7 letters only if named on a Tuesday. Any other day, and it must be a name, word or feeling found in the most recent Corona Commercial. Dos Equis will do also, plus it's the most interesting commercial in the world.

Just name it something that means something to somebody or to you and have a great time in it!


----------



## mitiempo (Sep 19, 2008)

The more people's names used to create it the worse it probably would be. I like simple and easy to pronounce.


----------



## rockDAWG (Sep 6, 2006)

Just wire me $500 via Western Union, I will let you to name whatever you like but has to less less than 13 characters. If the name can not be pronounced by a Red Neck, that will another $500 more. We will provide you the Red Neck for the test.

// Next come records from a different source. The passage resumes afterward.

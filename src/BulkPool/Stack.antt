-- ===== src/BulkPool/Stack.antt =====
-- src/margo-bulk-pool.c: a pool refines a bounded stack of its free handles.
use mochi_margo.Base.{
  ℕ, suc, ◌+◌, ◌-◌, ◌≤◌, ◌<◌, ◌≡◌, ◌≢◌, refl, inl, inr, Bool-cases, ltb→lt, le→ltb, if◌then◌else◌,
  false, ap, ◌∙◌, sub_u64, add_u64, lt→ltb, ltb, suc, true, false, some, List, [], ◌∷◌, arith,
  length, drop, set, length-set, length-drop, get_elem?-drop, drop-set, u64_max, null,
}
use mochi_margo.BulkPool.Defs.{
  Pool, Outcome, fault, rejected, waits, done, bp_get, pool_get, pool_tryget, bp_release, BulkInfo,
  outside, pool_release,
}

pub record IsValid (p : Pool) : Type 0 where
  pub word : p.count ≤ u64_max
  pub sized : length p.bulks ≡ p.count
  pub within : p.num_free ≤ p.count

-- The free handles, the next one to be handed out first.
abbrev pub contents : Pool → List ℕ
contents p = drop (p.count - p.num_free) p.bulks

pub length-contents : {p : Pool} → IsValid p → length (contents p) ≡ p.num_free
length-contents {p} v = omega (arith, length-drop (p.count - p.num_free) p.bulks)

-- One handle taken off the stack.
pub record Got (p : Pool) (b : ℕ) (p' : Pool) : Type 0 where
  pub returns : bp_get p ≡ some (b, p')
  pub popped : contents p ≡ b ∷ contents p'
  pub valid : IsValid p'
  pub left : p'.num_free + 1 ≡ p.num_free
  pub same_rest : p' ≡ record p { num_free = p'.num_free }
  pub same_count : p'.count ≡ p.count

pub bp_get_pops : (p : Pool) → IsValid p → 0 < p.num_free → (b : ℕ) × (p' : Pool) × Got p b p'
unfolding bp_get
bp_get_pops p v h =
    let (b, at, rest) = get_elem?-drop p.bulks (p.count - p.num_free) (omega arith) in
    let index : sub_u64 p.count p.num_free ≡ p.count - p.num_free = omega arith in
    let fewer : sub_u64 p.num_free 1 ≡ p.num_free - 1 = omega arith in
    let next : suc (p.count - p.num_free) ≡ p.count - sub_u64 p.num_free 1 = omega arith in
    (
      b,
      record p { num_free = sub_u64 p.num_free 1 },
      record {
        returns = rw (index, at) refl;
        popped = rest ∙ ap (λ n. b ∷ drop n p.bulks) next;
        valid = omega arith;
        left = omega arith;
        same_rest = refl;
        same_count = refl;
      },
    )

-- One handle put on the stack.
pub record Put (p : Pool) (b : ℕ) (p' : Pool) : Type 0 where
  pub returns : bp_release p b ≡ some p'
  pub pushed : contents p' ≡ b ∷ contents p
  pub valid : IsValid p'
  pub left : p'.num_free ≡ p.num_free + 1
  pub same_count : p'.count ≡ p.count

pub bp_release_pushes :
    (p : Pool) (b : ℕ) → IsValid p → p.num_free < p.count → (p' : Pool) × Put p b p'
unfolding bp_release
bp_release_pushes p b v h =
    let i = p.count - (p.num_free + 1) in
    let more : add_u64 p.num_free 1 ≡ p.num_free + 1 = omega arith in
    let index : sub_u64 p.count (add_u64 p.num_free 1) ≡ i = omega arith in
    let inside : ltb i (length p.bulks) ≡ true = lt→ltb _ _ (omega arith) in
    let next : suc i ≡ p.count - p.num_free = omega arith in
    (
      record p { num_free = p.num_free + 1; bulks = set p.bulks i b },
      record {
        returns = rw (index, more, inside) refl;
        pushed = drop-set p.bulks i b (omega arith) ∙ ap (λ n. b ∷ drop n p.bulks) next;
        valid = omega (arith, length-set p.bulks i b);
        left = refl;
        same_count = refl;
      },
    )

-- A pool without free handles is left as it is by every way to take one.
pub empty_pool :
    (p : Pool)
    → p.num_free ≡ 0
    → (pool_get (some p) ≡ waits) × (pool_tryget (some p) ≡ done (null, p))
unfolding pool_get pool_tryget
empty_pool p e = (ground arith, ground arith)

-- What the tests of a release ask of a handle.
pub record IsAccepted (info : BulkInfo) (p : Pool) (b : ℕ) : Type 0 where
  pub not_null : b ≢ null
  pub same_size : p.size ≡ info.get_size b
  pub segment : ℕ × ℕ
  pub accessed : info.access b p.size p.flag ≡ some segment
  pub inside : outside p segment ≡ false

abbrev pub map_done : {A B : Type 0} → (A → B) → Outcome A → Outcome B
map_done f fault = fault
map_done f rejected = rejected
map_done f waits = waits
map_done f (done a) = done (f a)

abbrev pub view : ℕ × Pool → ℕ × List ℕ
view (b, p) = (b, contents p)

-- The specification: a stack. Its second field is the answer of the call that does not wait.
abbrev pub pop : List ℕ → Outcome (ℕ × List ℕ) × Outcome (ℕ × List ℕ)
pop [] = (waits, done (null, []))
pop (b ∷ s) = (done (b, s), done (b, s))

get_refines_by :
    (p : Pool) (s : List ℕ)
    → IsValid p
    → contents p ≡ s
    → (map_done view (pool_get (some p)), map_done view (pool_tryget (some p))) ≡ pop s
unfolding pool_get pool_tryget
get_refines_by p [] v e =
    let free = length-contents v in
    let none_free : p.num_free ≡ 0 = omega (arith, ap length e) in ground arith
get_refines_by p (c ∷ s) v e =
    let free = length-contents v in
    let some_free : 0 < p.num_free = omega (arith, ap length e) in
    let (b, p', got) = bp_get_pops p v some_free in ground (arith, got.returns, got.popped)

-- On a valid pool `margo_bulk_pool_get` and `margo_bulk_pool_tryget` pop the stack of the free
-- handles; on an empty stack the first waits, and the second returns HG_BULK_NULL and changes
-- nothing.
pub get_refines :
    (p : Pool)
    → IsValid p
    → (map_done view (pool_get (some p)), map_done view (pool_tryget (some p))) ≡ pop (contents p)
get_refines p v = get_refines_by p (contents p) v refl

module _ (info : BulkInfo) (p : Pool) (b : ℕ) (v : IsValid p) (a : IsAccepted info p b) where
  pub pool_release_accepted :
      p.num_free < p.count → (p' : Pool) × (pool_release info (some p) b ≡ done p') × Put p b p'
  unfolding pool_release
  pool_release_accepted h =
      let (p', put) = bp_release_pushes p b v h in
      (p', ground (arith, a.not_null, a.same_size, a.accessed, a.inside, put.returns), put)

  release_full : p.num_free ≡ p.count → pool_release info (some p) b ≡ fault
  unfolding pool_release bp_release
  release_full h =
      let index : ltb (sub_u64 p.count (add_u64 p.num_free 1)) (length p.bulks) ≡ false =
        le→ltb _ _ (omega arith) in
      ground (arith, index, a.not_null, a.same_size, a.accessed, a.inside)

  -- `margo_bulk_pool_release` of a handle that passes its tests pushes the handle on the stack of
  -- free handles of a valid pool if fewer handles are free than the pool has; if all are free (a
  -- second release of one handle), it writes outside the array.
  pub release_refines :
      map_done contents (pool_release info (some p) b)
      ≡ (if ltb p.num_free p.count then done (b ∷ contents p) else fault)
  release_refines = elim (Bool-cases (ltb p.num_free p.count)) [
    | inl h ↦
        let (p', returns, put) = pool_release_accepted (ltb→lt _ _ h) in
        rw (h, returns) (ap done put.pushed)
    | inr h ↦ rw (h, release_full (ground (arith, v.within)))
  ]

Offer only good until this Friday at 5:00 pm..
.
.
.
.
.
.


----------



## mitiempo (Sep 19, 2008)

About this time you may be sorry you asked.


----------



## cbropes (Jul 12, 2011)

Brian - really, huh? OK. So what I heard was 8 letters, one had to repeat. @rockDAWG - I have plenty of Red Necks here in Maine, so I'll be keeping the $1000. Thanks anyway. Going with a name that honors both my Dad (who gave me the boat) and my mom, who recently passed away (and whose illness was the reason for getting rid of the boat). The name to change is Scalawag, which I presume is a name @rockDAWG would like, so you can have that one. Cheers!


----------



## WouldaShoulda (Oct 7, 2008)

Dad would be honored to have the boat re named after Mom.

Hopefully, Mom has a great double name like Barbara-Ann, Enola-Gay or Martha-Lewis.


----------



## arknoah (Oct 31, 2010)

DonScribner said:


> Just name it something that means something to somebody or to you and have a great time in it!


That's really all that matters.


----------



## rockDAWG (Sep 6, 2006)

cbropes said:


> Going with a name that honors both my Dad (who gave me the boat) and my mom, who recently passed away (and whose illness was the reason for getting rid of the boat). Cheers!


Yes, something that is meaningful to you is the best. You are a good son, you make your parents proud.

Carry on


----------



## mitiempo (Sep 19, 2008)

There is no rule for boat names. It should mean something to you and should be 
easy to pronounce but that is only my opinion. I think some of the good names I have heard over the years - Wanderer, Beowolf, Whisper, Sundeer, Windhorse, Spray, Avalon, Marimba, and dozens of others.


----------



## junkrig (Jun 3, 2011)

Someday you will be saying this name over an open radio net to a lock tender, bridge tender, marina owner, or Coast Guard. Pick one that (a) doesn't make you sound stupid, and (b) is reasonably easy for the person on the other end to spell.


----------



## CaptainForce (Jan 1, 2006)

There are no "rules or restrictions" governed by tradition or superstition, but it might be informative to look at Office of Science and Technology 
to see how many others have used the name you choose for their US documented vessel. Take care and joy, Aythya crew


----------



## Christian Winkler (Jul 14, 2011)

*Suggestions and a hint*



junkrig said:


> Someday you will be saying this name over an open radio net to a lock tender, bridge tender, marina owner, or Coast Guard. Pick one that (a) doesn't make you sound stupid, and (b) is reasonably easy for the person on the other end to spell.


This makes sense, junkrig. 

Additionally, cbropes, you could think about choosing a name which is able to make the mentioned communication partners smile. This will probably raise their cooperation efforts - as long as the smile doesn´t change to a lough because the name sounds ridiculous. :laugher

As I´ve given up hope to have my own boat one day I may tell you what my favourite name would be: _"Garlic Star"_

But maybe you shouldn´t rename it at all? Sailors in the old times said that renaming a boat will bring bad luck to it, and to the people on board.


Tell us about your decision!


----------



## rbrasi (Mar 21, 2011)

Enola Gay? C'mon! As Mr. Winkler mentioned, old superstition says keep the name. I did for two reasons- superstition (even though I'm not superstitious), and simplicity. It's easier to rationalize than trying to come up with something. So, for me, Sandpiper 2 is the name of my first boat. NOW it's meaningful.


----------



## CalebD (Jan 11, 2008)

scal·a·wag (skl-wg) also scal·ly·wag (skl-)
n.
1. Informal A reprobate; a rascal.
2. A white Southerner working for or supporting the federal government during Reconstruction.

Scalawag is not a bad name for a boat. They can be a bit rascally from time to time.

Scalawag is a heck of a lot better then 'Titan Uranus' as one commercial vessel based in Hong Kong is named. Titan being a moon of Saturn and Uranus being, well, you know.


----------